▶ **Dataset excerpts**
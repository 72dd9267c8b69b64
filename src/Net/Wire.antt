-- ===== src/Net/Wire.antt =====
-- The packed structures of net/stack.c as bytes, and the changes of byte order.
pub mod Laws
pub use obsidian_kernel.Base.{le16, le32, read8, read16, read32}
use obsidian_kernel.Base.{
  ℕ, ◌+◌, ◌*◌, ◌/◌, ◌%◌, ◌^◌, List, [], ◌∷◌, ◌++◌, get_or, take, drop, u8, u16, u32, bit_and,
  bit_or,
}

-- `(u16)((x >> 8) | (x << 8))`
pub swap_type : ℕ → ℕ
swap_type x = u16 (bit_or (x / 2 ^ 8) (x * 2 ^ 8))

-- `((x & 0xFF) << 8) | (x >> 8)` of a 16-bit `x`
pub swap16 : ℕ → ℕ
swap16 x = u16 (bit_or (bit_and x 0xFF * 2 ^ 8) (x / 2 ^ 8))

-- The four fields of a 32-bit `x` in the opposite order.
pub swap32 : ℕ → ℕ
swap32 x =
    bit_or
      (bit_or (bit_or (u32 (bit_and x 0xFF * 2 ^ 24)) (u32 (bit_and x 0xFF00 * 2 ^ 8)))
        (bit_and (x / 2 ^ 8) 0xFF00))
      (bit_and (x / 2 ^ 24) 0xFF)

-- `struct arp_pkt`
pub record ArpPkt : Type 0 where
  pub htype : ℕ
  pub ptype : ℕ
  pub hlen : ℕ
  pub plen : ℕ
  pub op : ℕ
  pub sha : List ℕ
  pub spa : ℕ
  pub tha : List ℕ
  pub tpa : ℕ

abbrev pub arp_size : ℕ
arp_size = 28

unfoldable pub arp_bytes : ArpPkt → List ℕ
arp_bytes a =
    le16 a.htype
    ++ (le16 a.ptype
        ++ (u8 a.hlen
            ∷ u8 a.plen
            ∷ (le16 a.op ++ (a.sha ++ (le32 a.spa ++ (a.tha ++ le32 a.tpa))))))

unfoldable pub arp_read : List ℕ → ArpPkt
arp_read b = record {
  htype = read16 b 0;
  ptype = read16 b 2;
  hlen = read8 b 4;
  plen = read8 b 5;
  op = read16 b 6;
  sha = take 6 (drop 8 b);
  spa = read32 b 14;
  tha = take 6 (drop 18 b);
  tpa = read32 b 24;
}

-- `struct ipv4_hdr`
pub record Ipv4Hdr : Type 0 where
  pub ver_ihl : ℕ
  pub tos : ℕ
  pub len : ℕ
  pub id : ℕ
  pub frag : ℕ
  pub ttl : ℕ
  pub proto : ℕ
  pub csum : ℕ
  pub src : ℕ
  pub dst : ℕ

abbrev pub ipv4_size : ℕ
ipv4_size = 20

unfoldable pub ipv4_bytes : Ipv4Hdr → List ℕ
ipv4_bytes h =
    u8 h.ver_ihl
    ∷ u8 h.tos
    ∷ (le16 h.len
        ++ (le16 h.id
            ++ (le16 h.frag
                ++ (u8 h.ttl ∷ u8 h.proto ∷ (le16 h.csum ++ (le32 h.src ++ le32 h.dst))))))

unfoldable pub ipv4_read : List ℕ → Ipv4Hdr
ipv4_read b = record {
  ver_ihl = read8 b 0;
  tos = read8 b 1;
  len = read16 b 2;
  id = read16 b 4;
  frag = read16 b 6;
  ttl = read8 b 8;
  proto = read8 b 9;
  csum = read16 b 10;
  src = read32 b 12;
  dst = read32 b 16;
}

-- `struct udp_hdr`
pub record UdpHdr : Type 0 where
  pub sport : ℕ
  pub dport : ℕ
  pub len : ℕ
  pub csum : ℕ

abbrev pub udp_size : ℕ
udp_size = 8

pub udp_bytes : UdpHdr → List ℕ
udp_bytes h = le16 h.sport ++ (le16 h.dport ++ (le16 h.len ++ le16 h.csum))

-- `struct tcp_hdr`
pub record TcpHdr : Type 0 where
  pub sport : ℕ
  pub dport : ℕ
  pub seq : ℕ
  pub ack : ℕ
  pub off_res : ℕ
  pub flags : ℕ
  pub win : ℕ
  pub csum : ℕ
  pub urg : ℕ

abbrev pub tcp_size : ℕ
tcp_size = 20

unfoldable pub tcp_bytes : TcpHdr → List ℕ
tcp_bytes h =
    le16 h.sport
    ++ (le16 h.dport
        ++ (le32 h.seq
            ++ (le32 h.ack
                ++ (u8 h.off_res ∷ u8 h.flags ∷ (le16 h.win ++ (le16 h.csum ++ le16 h.urg))))))

unfoldable pub tcp_read : List ℕ → TcpHdr
tcp_read b = record {
  sport = read16 b 0;
  dport = read16 b 2;
  seq = read32 b 4;
  ack = read32 b 8;
  off_res = read8 b 12;
  flags = read8 b 13;
  win = read16 b 14;
  csum = read16 b 16;
  urg = read16 b 18;
}
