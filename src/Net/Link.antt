-- ===== src/Net/Link.antt =====
-- The state of the stack, the sending of Ethernet frames, and address resolution.
-- The card is behind the interface of drivers/net/e1000.h: a value of type `N`, and what sending,
-- polling and asking for it do with that value.
pub mod Laws
use obsidian_kernel.Base.{
  ℕ, zero, suc, ◌+◌, ◌-◌, ◌==◌, ltb, not, Bool, true, false, List, [], ◌∷◌, ◌++◌, Option, none,
  some, if◌then◌else◌, length, replicate,
}
use obsidian_kernel.Net.Run.{Run, done, ◌>>=◌}
use obsidian_kernel.Net.Wire.{ArpPkt, arp_bytes, le16, swap_type}

-- `e1000_send` is true for the result 0, and `e1000_poll` gives the frame, or `none` for 0 and -1.
pub record Nic (N : Type 0) : Type 0 where
  pub e1000_send : List ℕ → N → Bool × N
  pub e1000_poll : N → Option (List ℕ) × N
  pub e1000_present : N → Bool

pub data TcpState : Type 0 where
  tcp_closed tcp_syn_sent tcp_established tcp_fin_wait : TcpState

pub record Net (N : Type 0) : Type 0 where
  pub card : N
  pub local_mac : List ℕ
  pub local_ip : ℕ
  pub gateway_ip : ℕ
  pub arp_tha : List ℕ
  pub arp_spa : ℕ
  pub st : TcpState
  pub rseq : ℕ
  pub lseq : ℕ
  pub rport_want : ℕ
  pub lport : ℕ
  pub rxbuf : List ℕ

-- The static variables at the start.
abbrev pub boot : {N : Type 0} → N → Net N
boot card = record {
  card = card;
  local_mac = replicate 6 0;
  local_ip = 0x0F00020A;
  gateway_ip = 0x0200020A;
  arp_tha = replicate 6 0;
  arp_spa = 0;
  st = tcp_closed;
  rseq = 0;
  lseq = 0;
  rport_want = 0;
  lport = 40000;
  rxbuf = replicate 2048 0;
}

abbrev pub ethertype_arp : ℕ
ethertype_arp = 0x0806

abbrev pub ethertype_ipv4 : ℕ
ethertype_ipv4 = 0x0800

abbrev pub arp_spins : ℕ
arp_spins = 200000

-- `sizeof(struct eth_hdr)`
abbrev pub eth_size : ℕ
eth_size = 14

module _ {N : Type 0} where
  pub net_stack_set_mac : List ℕ → Net N → Net N
  net_stack_set_mac mac s = record s { local_mac = mac }

  pub net_stack_set_ip : ℕ → ℕ → Net N → Net N
  net_stack_set_ip ip gw s = record s { local_ip = ip; gateway_ip = gw }

  pub net_ip_addr : Net N → ℕ
  net_ip_addr s = s.local_ip

  pub net_mac_addr : Net N → List ℕ
  net_mac_addr s = s.local_mac

  -- With the address of `netdev_mac_first`, if there is one.
  pub net_stack_init : Option (List ℕ) → Net N → Net N
  net_stack_init none s = s
  net_stack_init (some mac) s = net_stack_set_mac mac s

  pub arp_reply : ArpPkt → Net N → ArpPkt
  arp_reply a s = record {
    htype = a.htype;
    ptype = a.ptype;
    hlen = 6;
    plen = 4;
    op = 0x0002;
    sha = s.local_mac;
    spa = s.local_ip;
    tha = a.sha;
    tpa = a.spa;
  }

  abbrev pub arp_request : ℕ → Net N → ArpPkt
  arp_request ip s = record {
    htype = 0x0100;
    ptype = 0x0008;
    hlen = 6;
    plen = 4;
    op = 0x0001;
    sha = s.local_mac;
    spa = s.local_ip;
    tha = replicate 6 0;
    tpa = ip;
  }

  unfoldable pub arp_cached : ℕ → Net N → Option (List ℕ) × Net N
  arp_cached ip s = if s.arp_spa == ip then (some s.arp_tha, s) else (none, s)

  -- `for (spin = 0; spin < 200000 && !arp_spa; spin++) net_poll();`, with the rounds left.
  unfoldable pub arp_spin : ℕ → (Net N → Run (Net N)) → Net N → Run (Net N)
  arp_spin zero net_poll s = done s
  arp_spin (suc n) net_poll s =
      if s.arp_spa == 0 then net_poll s >>= arp_spin n net_poll else done s

  module _ (nic : Nic N) where
    unfoldable pub eth_send : ℕ → List ℕ → List ℕ → Net N → Bool × Net N
    eth_send ethertype dst payload s =
        let frame = dst ++ (s.local_mac ++ (le16 (swap_type ethertype) ++ payload)) in
        let (ok, card) = nic.e1000_send frame s.card in
        if ltb (1600 - eth_size) (length payload)
        then (false, s)
        else (ok, record s { card = card })

    unfoldable pub arp_rx : ArpPkt → Net N → Net N
    arp_rx a s =
        if a.op == 0x0001
        then (eth_send ethertype_arp a.sha (arp_bytes (arp_reply a s)) s).1
        else if a.op == 0x0002
        then record s { arp_tha = a.sha; arp_spa = a.spa }
        else s

    -- The address, or `none` for the result false. `net_poll` is the function of that name.
    unfoldable pub arp_resolve : (Net N → Run (Net N)) → ℕ → Net N → Run (Option (List ℕ) × Net N)
    arp_resolve net_poll ip s = if s.arp_spa == ip then done (arp_cached ip s) else (do
      let broadcast = replicate 6 0xFF
      let asked = record s { arp_spa = 0 }
      let request = arp_bytes (arp_request ip s)
      s ← arp_spin arp_spins net_poll (eth_send ethertype_arp broadcast request asked).1
      done (arp_cached ip s))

▶ **Task to complete**
Extract all lines from the data in which "where" is found.

▶ **Answer**
pub record ArpPkt : Type 0 where
pub record Ipv4Hdr : Type 0 where
pub record UdpHdr : Type 0 where
pub record TcpHdr : Type 0 where
pub record Nic (N : Type 0) : Type 0 where
pub data TcpState : Type 0 where
pub record Net (N : Type 0) : Type 0 where
module _ {N : Type 0} where
  module _ (nic : Nic N) where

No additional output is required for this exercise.